What is expected: Given the entries that follow, write out exactly the lines starting at the one containing "let j = min" and ending at the one containing "if ltb (n * sector_size) offset", both ends included, and only those.

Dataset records
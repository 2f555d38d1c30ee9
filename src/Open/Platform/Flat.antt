-- ===== src/Open/Platform/Flat.antt =====
-- From the files of a flat image to what `VmdkReader::open` and `read_at_offset` of src/vmdk_reader.rs make
-- of them.
use vmdk_rs.Base.{
  u64_mod, ℕ, zero, suc, ◌+◌, ◌-◌, ◌*◌, ◌≤◌, ◌<◌, ◌≡◌, refl, true, List, [], ◌∷◌, Option, none,
  some, min, ltb, if◌then◌else◌, tabulate,
}
use vmdk_rs.Base.Outcome.{Outcome, ok, err}
use vmdk_rs.Crates.{ByteOrder, Deflate}
use vmdk_rs.Text.{Text, codes, text_eq}
use vmdk_rs.Io.{IoError}
use vmdk_rs.Io.Exact.{Serves, max_size}
use vmdk_rs.Errors.{OpenError}
use vmdk_rs.Description.{AccessMode, extract_extent_descriptions}
use vmdk_rs.Descriptor.{extract_parent_fn_hint}
use vmdk_rs.Storage.{sector_size, offset_beyond_end}
use vmdk_rs.Sources.{BytesSource, file_source, add_source}
use vmdk_rs.Sources.Read.{file_source-HoldsBytes, add_source_lem}
use vmdk_rs.Foyer.{HybridCache}
use vmdk_rs.Foyer.Coherent.{IsCache, Contents}
use vmdk_rs.Foyer.Setup.{Builder, FoyerCache, History, set_up, foyer_cache}
use vmdk_rs.Foyer.Fresh.{chunk_size, IsFresh, Reached, set_up_ok, foyer_cache-Serves}
use vmdk_rs.Location.{Platform, file_path, open_file, source_for_url, path_or_url_to_url, host_on}
use vmdk_rs.Reader.{read_at_offset}
use vmdk_rs.Open.Described.{after_marker}
use vmdk_rs.Open.Flat.{flat_description, flat_reader, open_url-flat}
use vmdk_rs.Open.Platform.{open_image}

-- The URL names a file of `len` bytes.
pub record IsFile (platform : Platform) (url : platform.Url) (byte : ℕ → ℕ) (len : ℕ) : Type 0 where
  pub is_file : text_eq (platform.scheme url) (codes "file") ≡ true
  pub measured : platform.file_len (file_path platform url) ≡ ok len
  pub holds : platform.files (file_path platform url) ≡ some (tabulate byte 0 len)

module _ (platform : Platform) where
  -- The source of the file that a URL names.
  abbrev pub source_of : platform.Url → ℕ → BytesSource
  source_of url len = file_source platform.files (file_path platform url) len

  source_of-opens :
      (url : platform.Url) (byte : ℕ → ℕ) (len : ℕ)
      → IsFile platform url byte len
      → ◌≡◌ {A = Outcome OpenError BytesSource}
          (source_for_url platform url)
          (ok (source_of url len))
  unfolding source_for_url open_file
  source_of-opens url byte len f = rw f.is_file (rw f.measured refl)

  -- The sources of the image: the descriptor, and the flat file.
  abbrev pub flat_sources : platform.Url → ℕ → platform.Url → ℕ → List BytesSource
  flat_sources url len u size =
      add_source 1 (source_of u size) (add_source 0 (source_of url len) [])

-- What the sources of the image hold: the descriptor, and the flat file.
abbrev byte_in : (ℕ → ℕ) → (ℕ → ℕ) → ℕ → ℕ → ℕ
byte_in byte disk zero = byte
byte_in byte disk (suc idx) = disk

abbrev size_in : ℕ → ℕ → ℕ → ℕ
size_in len size zero = len
size_in len size (suc idx) = size

abbrev pub flat_contents : (ℕ → ℕ) → ℕ → (ℕ → ℕ) → ℕ → Contents
flat_contents byte len disk size = record { byte = byte_in byte disk; size = size_in len size }

module _ (platform : Platform) (foyer : HybridCache) (laws : IsCache foyer)
    (builder : Builder foyer) (runtime : Outcome IoError (Unit {0})) (order : ByteOrder)
    (captures : Text → Option Text) (deflate : Deflate) where
  open platform use {Url, scheme, join}

  -- Whatever earlier reads have left in the cache, a file is served from the index at which its source has
  -- been added.
  file-Serves :
      (contents : Contents) (c : FoyerCache foyer builder) (held : History foyer builder)
      (sources : List BytesSource) (idx : ℕ) (url : Url)
      → c.chlen ≡ chunk_size
      → IsFresh foyer laws builder c.cache
      → ((i off n : ℕ) → Reached foyer laws builder contents c (held i off n))
      → IsFile platform url (contents.byte idx) (contents.size idx)
      → contents.size idx < max_size
      → Serves
          (foyer_cache foyer builder c held
            (add_source idx (source_of platform url (contents.size idx)) sources))
          idx
          (contents.byte idx)
          (contents.size idx)
  file-Serves contents c held sources idx url e fresh reached f w =
      let byte = contents.byte idx in
      let len = contents.size idx in
      let src = source_of platform url len in
      foyer_cache-Serves foyer laws builder contents c held (add_source idx src sources) idx src e
        fresh reached (add_source_lem idx 0 src sources).0
        (file_source-HoldsBytes platform.files (file_path platform url) byte len f.holds) w

  -- The path or URL of a descriptor file of ASCII bytes that starts with the line of the marker, names no
  -- parent, and has one extent, of `n` sectors of a flat file from its start on, where `n` is not 0 and
  -- the file that the descriptor names holds that many sectors; each file has less than 2 ^ 63 bytes, the
  -- cache that is set up holds nothing yet, and `offset + k` is a `u64`: whatever earlier reads of the two
  -- files have left in the cache at each read, `open` returns a reader of `n` sectors, and `read_at_offset`
  -- on it returns the bytes of the flat file from `offset` on, as many as the buffer of `k` bytes takes or
  -- the image still holds; an offset behind the end of the image is the error that says so.
  pub open_image-flat :
      (image_path : Text) (url u : Url) (c : FoyerCache foyer builder) (access : AccessMode) (n : ℕ)
      (name : Text) (steps fuel len size : ℕ) (byte disk : ℕ → ℕ) (rest : Text) (offset k : ℕ)
      (opening later : History foyer builder)
      → let text = tabulate byte 0 len in
        let contents = flat_contents byte len disk size in
        path_or_url_to_url platform image_path ≡ some url
        → set_up foyer builder runtime (scheme url) ≡ ok c
        → IsFresh foyer laws builder c.cache
        → ((i off m : ℕ) → Reached foyer laws builder contents c (opening i off m))
        → ((i off m : ℕ) → Reached foyer laws builder contents c (later i off m))
        → IsFile platform url byte len
        → len < max_size
        → ((i : ℕ) → i < len → byte i < 128)
        → len < steps
        → text ≡ after_marker rest
        → extract_extent_descriptions text ≡ some (flat_description access n name ∷ [])
        → extract_parent_fn_hint captures text ≡ none
        → join url name ≡ some u
        → IsFile platform u disk size
        → size < max_size
        → 0 < n
        → n * sector_size ≤ size
        → offset + k < u64_mod
        → let cache = foyer_cache foyer builder c later (flat_sources platform url len u size) in
          let j = min k (n * sector_size - offset) in
          (open_image platform foyer builder runtime order captures opening later steps
              (suc fuel)
              image_path
            ≡ ok (flat_reader n, cache))
          × (read_at_offset cache order deflate (flat_reader n) offset k ≡ (
              if ltb (n * sector_size) offset
              then err (offset_beyond_end offset (n * sector_size))
              else ok (j, tabulate disk offset j)))
  unfolding open_image
  open_image-flat image_path url u c access n name steps fuel len size byte disk rest offset k
        opening later located ready fresh before after file w ascii enough text described last joins
        flat_file v p l h =
      let (none_yet, chunks) = set_up_ok foyer laws builder runtime (scheme url) c ready in
      let contents = flat_contents byte len disk size in
      let opened =
        open_url-flat (host_on platform (foyer_cache foyer builder c opening)) order captures
          deflate url u (source_of platform url len) (source_of platform u size) access n name []
          steps fuel len size byte disk rest (source_of-opens platform url byte len file)
          (file-Serves contents c opening [] 0 url chunks fresh before file w) ascii enough text
          described last joins (source_of-opens platform u disk size flat_file)
          (file-Serves contents c opening (add_source 0 (source_of platform url len) []) 1 u chunks
            fresh before flat_file v)
          p l in
      let reads =
        open_url-flat (host_on platform (foyer_cache foyer builder c later)) order captures deflate
          url u (source_of platform url len) (source_of platform u size) access n name [] steps fuel
          len size byte disk rest (source_of-opens platform url byte len file)
          (file-Serves contents c later [] 0 url chunks fresh after file w) ascii enough text
          described last joins (source_of-opens platform u disk size flat_file)
          (file-Serves contents c later (add_source 0 (source_of platform url len) []) 1 u chunks
            fresh after flat_file v)
          p l in
      (rw located (rw ready (rw none_yet (rw opened.0 refl))), reads.1 offset k h)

Response below:
          let j = min k (n * sector_size - offset) in
          (open_image platform foyer builder runtime order captures opening later steps
              (suc fuel)
              image_path
            ≡ ok (flat_reader n, cache))
          × (read_at_offset cache order deflate (flat_reader n) offset k ≡ (
              if ltb (n * sector_size) offset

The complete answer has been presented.